New book calls reinvention a waste of time

New book calls reinvention a waste of time

letters@govexec.com

Career civil servants would most likely have few qualms with one of the main premises of You Won--Now What?, a new book about government: Elected officials and political appointees, not bureaucrats, are the problem with American government. But they may not agree with the book's other central conclusion: that efforts to reinvent government operations are doomed to failure.

Public servants used to being bashed by politicians will no doubt enjoy seeing authors Taegan D. Goddard and Christopher Riback turn the tables and take elected officials to task for their lack of management expertise and tendency to pass the blame for wasteful government to bureaucrats.

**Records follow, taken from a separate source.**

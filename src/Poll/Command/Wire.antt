-- ===== src/Poll/Command/Wire.antt =====
-- bjnp/src/poll/command.rs: the accessors, `Serialize` and `Deserialize` of `Command`.
use scanner_button.Prelude.{ℕ, ◌+◌, Option, none, some, List, ◌++◌, length}
use scanner_button.Rust.Outcome.{Outcome, ◌>>=◌, ok_or, map_ok, map_err}
use scanner_button.Rust.Slice.{get_range, array_of, slice_from}
use scanner_button.Rust.Word.{u16_to_be_bytes, from_be_bytes}
use scanner_button.Serdes.Error.{ParseError, invalid_format, unexpected_end, result_offset_by}
use scanner_button.Serdes.Field.{try_from_wider}
use scanner_button.Serdes.Traits.{Serialize, Deserialize, IoError, deserialize_sized}
use scanner_button.Poll.Host.{Host}
use scanner_button.Poll.Command.Time.{TimeCrate}
use scanner_button.Poll.Command.Types.{PollType, poll_type_field, Command}
use scanner_button.Poll.Command.Raw.{empty_serialize, empty_sized, host_only_serialize}
use scanner_button.Poll.Command.Raw.{host_only_sized, full_serialize, full_sized, reset_serialize}
use scanner_button.Poll.Command.Raw.{reset_sized}

module _ {t : TimeCrate} where
  unfoldable pub poll_type : Command t → PollType
  poll_type (Command.empty c) = PollType.empty
  poll_type (Command.host_only c) = PollType.host_only
  poll_type (Command.full c) = PollType.full
  poll_type (Command.reset c) = PollType.reset

  unfoldable pub session_id : Command t → Option ℕ
  session_id (Command.full c) = some c.session_id
  session_id (Command.reset c) = some c.session_id
  session_id _ = none

  unfoldable pub host : Command t → Option Host
  host (Command.empty c) = none
  host (Command.host_only c) = some c.host
  host (Command.full c) = some c.host
  host (Command.reset c) = some c.host

  unfoldable pub action_id : Command t → Option ℕ
  action_id (Command.reset c) = some c.action_id
  action_id _ = none

  unfoldable pub datetime : Command t → Option t.DateTime
  datetime (Command.full c) = some c.datetime
  datetime _ = none

  unfoldable pub inner_serialize : Command t → List ℕ → Outcome (List ℕ) IoError
  inner_serialize (Command.empty c) out = empty_serialize.serialize c out
  inner_serialize (Command.host_only c) out = host_only_serialize.serialize c out
  inner_serialize (Command.full c) out = (full_serialize t).serialize c out
  inner_serialize (Command.reset c) out = reset_serialize.serialize c out

  unfoldable pub inner_size : Command t → ℕ
  inner_size (Command.empty c) = empty_serialize.size c
  inner_size (Command.host_only c) = host_only_serialize.size c
  inner_size (Command.full c) = (full_serialize t).size c
  inner_size (Command.reset c) = reset_serialize.size c

  instance abbrev pub command_serialize : Serialize (Command t)
  command_serialize = record {
    serialize =
        λ c out. inner_serialize c (out ++ u16_to_be_bytes (poll_type_field.as_repr (poll_type c)));
    size = λ c. 2 + inner_size c;
  }

module _ (t : TimeCrate) where
  -- `.map(deserialized_into)`
  unfoldable pub inner_deserialize : PollType → List ℕ → Outcome (Command t × ℕ) ParseError
  inner_deserialize PollType.empty buffer =
      map_ok (λ (c, size). (Command.empty c, size)) (deserialize_sized empty_sized buffer)
  inner_deserialize PollType.host_only buffer =
      map_ok (λ (c, size). (Command.host_only c, size)) (deserialize_sized host_only_sized buffer)
  inner_deserialize PollType.full buffer =
      map_ok (λ (c, size). (Command.full c, size)) (deserialize_sized (full_sized t) buffer)
  inner_deserialize PollType.reset buffer =
      map_ok (λ (c, size). (Command.reset c, size)) (deserialize_sized reset_sized buffer)

  unfoldable pub command_from_bytes : List ℕ → Outcome (Command t × ℕ) ParseError
  command_from_bytes buffer = do
    poll_type ← ok_or (get_range buffer 0 2) (unexpected_end 2 (length buffer))
    poll_type ← array_of 2 poll_type
    poll_type ← map_err invalid_format (try_from_wider 2 poll_type_field (from_be_bytes poll_type))
    buffer ← slice_from buffer 2
    result_offset_by (map_ok (λ (cmd, size). (cmd, size + 2)) (inner_deserialize poll_type buffer))
        2

instance abbrev pub command_deserialize : {t : TimeCrate} → Deserialize (Command t)
command_deserialize {t} = record { deserialize = command_from_bytes t }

"The real problem is that many newly elected and appointed officials have little relevant previous experience ... many new public officials have little interest in managing their agencies ... many of our public officials drift aimlessly and never complete what they promised. Some barely get started ... Full of frustration, these public officials then try to reinvent government ... What these new public officials really must reinvent is themselves," Goddard and Riback argue.

But Goddard and Riback also contend that the philosophy of government reinvention, under which thousands of federal employees have been laboring for five years, has been a big waste of time.

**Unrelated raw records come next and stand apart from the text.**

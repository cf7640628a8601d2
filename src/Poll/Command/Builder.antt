-- ===== src/Poll/Command/Builder.antt =====
-- bjnp/src/poll/command.rs: `CommandBuilder`.
use scanner_button.Prelude.{ℕ, Option, none, some}
use scanner_button.Poll.Host.{Host}
use scanner_button.Poll.Command.Time.{TimeCrate}
use scanner_button.Poll.Command.Types.{PollType, Command, empty_command}

-- The `?` operator on options.
infixl 5 ◌>>=◌
abbrev ◌>>=◌ : {A B : Type 0} → Option A → (A → Option B) → Option B
none >>= f = none
some a >>= f = f a

pub record CommandBuilder (t : TimeCrate) : Type 0 where
  pub poll_type : PollType
  pub session_id : Option ℕ
  pub host : Option Host
  pub action_id : Option ℕ
  pub datetime : Option t.DateTime

module _ {t : TimeCrate} where
  unfoldable pub with_poll_type : CommandBuilder t → PollType → CommandBuilder t
  with_poll_type b poll_type = record b { poll_type = poll_type }

  unfoldable pub with_session_id : CommandBuilder t → ℕ → CommandBuilder t
  with_session_id b session_id = record b { session_id = some session_id }

  unfoldable pub with_host : CommandBuilder t → Host → CommandBuilder t
  with_host b host = record b { host = some host }

  unfoldable pub with_action_id : CommandBuilder t → ℕ → CommandBuilder t
  with_action_id b action_id = record b { action_id = some action_id }

  unfoldable pub with_datetime : CommandBuilder t → t.DateTime → CommandBuilder t
  with_datetime b datetime = record b { datetime = some datetime }

  unfoldable pub build_as : PollType → CommandBuilder t → Option (Command t)
  build_as PollType.empty b = some (Command.empty empty_command)
  build_as PollType.host_only b = do
    host ← b.host
    some (Command.host_only (record { host = host }))
  build_as PollType.full b = do
    session_id ← b.session_id
    host ← b.host
    datetime ← b.datetime
    some (Command.full (record { session_id = session_id; host = host; datetime = datetime }))
  build_as PollType.reset b = do
    session_id ← b.session_id
    host ← b.host
    action_id ← b.action_id
    some (Command.reset (record { session_id = session_id; host = host; action_id = action_id }))

  unfoldable pub build : CommandBuilder t → Option (Command t)
  unfolding build_as
  build b = build_as b.poll_type b

unfoldable pub new : (t : TimeCrate) → PollType → CommandBuilder t
new t poll_type = record {
  poll_type = poll_type;
  session_id = none;
  host = none;
  action_id = none;
  datetime = none;
}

The authors attempt to debunk Reinventing Government, the 1992 book by David Osborne and Ted Gaebler, which served as the basis for many of the Clinton administration's reinvention efforts. Reinventing Government explained how public administrators could adapt private sector management techniques to run government agencies. The 1992 tome also argued that government's systems, not the people who work in them, are the problem.

Goddard and Riback say reinvention is just another in a long line of management fads, doomed to fail because it doesn't address the real problem with government, which is, the authors contend, incompetent government officials.

"Public sector management fads--from reinventing to reengineering to downsizing--are not merely unhelpful; they hurt government," the book says. "Each time some poor public official holds up one of these plans as the magic tonic to save government, people believe. And each time they're disappointed."